# Kinkaku-ji: Kyoto



## that1guy (Oct 29, 2015)

It has been a very long time since i posted a picture of mine here. Please enjoy any C&C welcome/appreciated.

Tucked away in the heart of Kyoto. This Ancient treasure just waits for all to take its picture. IT was actually quite challenging to take since we cannot use tripods in the area. there literally hundreds of tourists pushing you aside impatiently trying to snap photos with their,iPhones,iPads,point and shoots, mirrorless,and DSLRS. I compromised as much as i could and set this on one of the beams and set the timer and hoped none bumped my camera. 


| Camera: Canon 5D MKIII | Lens: Canon EF 24-105mm f/4 L IS USM | Focal length: 32mm | Exposure: 1/800 | Aperture: f/8.0 | ISO: 400 | Flash: N/A | Software: Adobe Lightroom / Photoshop / Photomatix |


----------



## mmaria (Oct 29, 2015)

that1guy said:


> ... IT was actually quite challenging to take since we cannot use tripods in the area. there literally hundreds of tourists pushing you aside impatiently trying to snap photos with their,iPhones,iPads,point and shoots, mirrorless,and DSLRS. I compromised as much as i could and set this on one of the beams and set the timer and hoped none bumped my camera.


I remember that


----------



## waday (Oct 29, 2015)

Wow!
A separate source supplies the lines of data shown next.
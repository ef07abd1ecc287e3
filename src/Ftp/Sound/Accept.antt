-- ===== src/Ftp/Sound/Accept.antt =====
-- New clients, `process_accept_events` of source/ftp.c, from a sound state.
use ftpii.Base.{
  ℕ, zero, suc, ◌+◌, ◌<◌, ◌≤◌, ◌%◌, ◌≡◌, refl, sym, ap, subst, ◌∙◌, Bool, true, false, Option, none,
  some, ◌==◌, if◌then◌else◌, codes, Bytes,
}
use ftpii.Os.{S32, val, err, eagain, Call, Os}
use ftpii.World.{World, Ftp, Client, M, pure, call, update, ◌>>=◌, ◌>>◌}
use ftpii.World.Keeps.{After, ended, waits, After-then, After-if, After-Ensures}
use ftpii.World.Apart.{call-Apart}
use ftpii.Net.{net_close_blocking}
use ftpii.Net.Frame.{net_close_blocking-Apart}
use ftpii.Vrt.{malloc}
use ftpii.Vrt.Frame.{malloc-Apart}
use ftpii.Ftp.Session.{Serves-unchanged, write_reply-Serves}
use ftpii.Ftp.Cleanup.{max_clients, fill_slot, free_client}
use ftpii.Ftp.Cleanup.Table.{occupied, occupied-length}
use ftpii.Ftp.Events.Accept.{
  new_client, allocate, enter_table, greet, accept_one, process_accept_events,
}
use ftpii.Ftp.Sound.{Sound}
use ftpii.Ftp.Sound.Entry.{update-same, Sound-next, dropped-heap, Entered-Sound, not_full}

module _ ⦃os : Os⦄ where
  outcome :
      (u : Ftp) (peer : ℕ) (address : Bytes) (r : S32) (w : World)
      → Sound u
      → occupied u.clients < max_clients
      → w.ftp ≡ record u {
        heap = update u.heap u.next (some (new_client peer address));
        next = u.next + 1;
      }
      → After
          (λ _ w'. Sound w'.ftp)
          ((elim r as (λ _. M (Unit {0})) [
            | err _ ↦ do net_close_blocking (val peer); free_client u.next
            | val _ ↦ enter_table u.next
          ])
            w)
  unfolding enter_table free_client
  outcome u peer address (val n) w s room e = ended (
      subst Sound
        (sym (
          ap
            (λ (f : Ftp). record f {
              clients = fill_slot u.next f.clients;
              num_clients = (f.num_clients + 1) % 256;
            })
            e))
        (Entered-Sound u peer address s room))
  outcome u peer address (err x) w s room e =
      let b = new_client peer address in
      After-then ((net_close_blocking-Apart (val peer)).run w tt) λ _ w1 a.
        let e1 = a.ftp ∙ e in
        let here : w1.ftp.heap u.next ≡ some b =
          ap (λ (f : Ftp). f.heap u.next) e1 ∙ update-same u.heap u.next (some b) in
        rw (here, free_client)
          (ended (
            subst Sound
              (sym (
                ap (λ (f : Ftp). record f { heap = update f.heap u.next none }) e1
                ∙ ap (λ (h : ℕ → Option Client). record u { heap = h; next = u.next + 1 })
                    (dropped-heap u b s)))
              (Sound-next u s)))

  -- The greeting of a client that was just allocated.
  greet-Sound :
      (u : Ftp) (peer : ℕ) (address : Bytes) (w : World)
      → Sound u
      → occupied u.clients < max_clients
      → w.ftp ≡ record u {
        heap = update u.heap u.next (some (new_client peer address));
        next = u.next + 1;
      }
      → After (λ _ w'. Sound w'.ftp) (greet u.next peer w)
  unfolding greet
  greet-Sound u peer address w s room e =
      let b = new_client peer address in
      let here : w.ftp.heap u.next ≡ some b =
        ap (λ (f : Ftp). f.heap u.next) e ∙ update-same u.heap u.next (some b) in
      After-then (After-Ensures (write_reply-Serves u.next 220 (codes "ftpii") b w here))
        λ r w1 t. let e1 = Serves-unchanged here t ∙ e in outcome u peer address r w1 s room e1

  turn_away-Sound :
      (peer : ℕ) (w : World)
      → Sound w.ftp
      → After (λ _ w'. Sound w'.ftp) ((do call (Call.net_close (val peer)); pure true) w)
  unfolding call
  turn_away-Sound peer w s = ended s

  take_in-Sound :
      (peer : ℕ) (address : Bytes) (w : World)
      → Sound w.ftp
      → occupied w.ftp.clients < max_clients
      → After
          (λ _ w'. Sound w'.ftp)
          ((do client ← allocate (new_client peer address); greet client peer; pure false) w)
  unfolding allocate
  take_in-Sound peer address w s room =
      let p = w.ftp.next in
      let w1 = record w {
        ftp = record w.ftp {
          heap = update w.ftp.heap p (some (new_client peer address));
          next = p + 1;
        };
      } in
      After-then (greet-Sound w.ftp peer address w1 s room refl) λ _ w2 s2. ended s2

  accept_one-Sound :
      (peer : ℕ) (address : Bytes) (w : World)
      → Sound w.ftp
      → After (λ _ w'. Sound w'.ftp) (accept_one peer address w)
  unfolding accept_one
  accept_one-Sound peer address w s =
      let turn_away : M Bool = (do call (Call.net_close (val peer)); pure true) in
      let take_in : M Bool = (do
        client ← allocate (new_client peer address)
        greet client peer
        pure false) in
      After-if (w.ftp.num_clients == max_clients) turn_away
        (do ok ← malloc os.sizeof_client; if ok then take_in else turn_away)
        (λ _. turn_away-Sound peer w s)
        (λ b. After-then ((malloc-Apart os.sizeof_client).run w tt) λ ok w1 a.
          let s1 = subst Sound (sym a.ftp) s in
          let all = occupied-length w.ftp.clients in
          let below = subst (λ n. occupied w.ftp.clients ≤ n) s.size all in
          let room = not_full w.ftp.num_clients (occupied w.ftp.clients) s.count below b in
          After-if ok take_in turn_away
            (λ _.
              take_in-Sound peer address w1 s1
                (subst (λ (f : Ftp). occupied f.clients < max_clients) (sym a.ftp) room))
            (λ _. turn_away-Sound peer w1 s1))

  -- What follows an answer of `net_accept`.
  answered-Sound :
      (x : S32) (more : ℕ → M Bool) (w : World)
      → Sound w.ftp
      → ((peer : ℕ) → After (λ _ w'. Sound w'.ftp) (more peer w))
      → After
          (λ _ w'. Sound w'.ftp)
          ((elim x as (λ _. M Bool) [
            | err eagain ↦ pure true
            | err _ ↦ pure false
            | val peer ↦ more peer
          ])
            w)
  answered-Sound (err eagain) more w s h = ended s
  answered-Sound (err _) more w s h = ended s
  answered-Sound (val peer) more w s h = h peer

  -- From a sound state, accepting new clients uses no dead pointer, and where it comes back, the state
  -- is sound again.
  pub process_accept_events-Sound :
      (fuel : ℕ) (server : S32) (w : World)
      → Sound w.ftp
      → After (λ _ w'. Sound w'.ftp) (process_accept_events fuel server w)
  unfolding process_accept_events
  process_accept_events-Sound zero server w s = waits
  process_accept_events-Sound (suc fuel) server w s =
      After-then ((call-Apart (Call.net_accept server)).run w tt) λ a w1 h.
        let s1 = subst Sound (sym h.ftp) s in
        answered-Sound a.code
          (λ peer. do
            returns ← accept_one peer a.payload
            if returns then pure true else process_accept_events fuel server)
          w1 s1
          (λ peer. After-then (accept_one-Sound peer a.payload w1 s1) λ returns w2 s2.
            After-if returns (pure true) (process_accept_events fuel server) (λ _. ended s2)
              (λ _. process_accept_events-Sound fuel server w2 s2))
LOVE it!

It looks so serene!


----------



## that1guy (Oct 29, 2015)

thank you all!


----------



## PhotoriousMe (Oct 29, 2015)

You nailed it!  Well done.

Dave


----------



## yaopey (Nov 4, 2015)

Love the golden colour of the building!


----------



## Dillard (Nov 4, 2015)

wonderful photo!


----------



## that1guy (Nov 17, 2015)

thank you all


----------



## vipgraphx (Nov 24, 2015)

I like this great processing. One thing I would try to to in post is separate the foreground greenery from the background greenery…. I think this would give it more depth to the image.


----------



## encom_ (Nov 24, 2015)

Gorgeous! Love the colors. One minor remark, it seems the building is a bit slanted to the left.


----------



## Trblmkr (Dec 3, 2015)

well done


----------



## Msteelio91 (Dec 3, 2015)

Beautiful shot, love the lighting and colors


----------



## Derrel (Dec 3, 2015)

PhotoriousMe said:
			
		

> You nailed it!  Well done.
> 
> Dave



I missed this shot the first time around. Dave's right--you nailed this shot! Looks wonderful. Lovely.


----------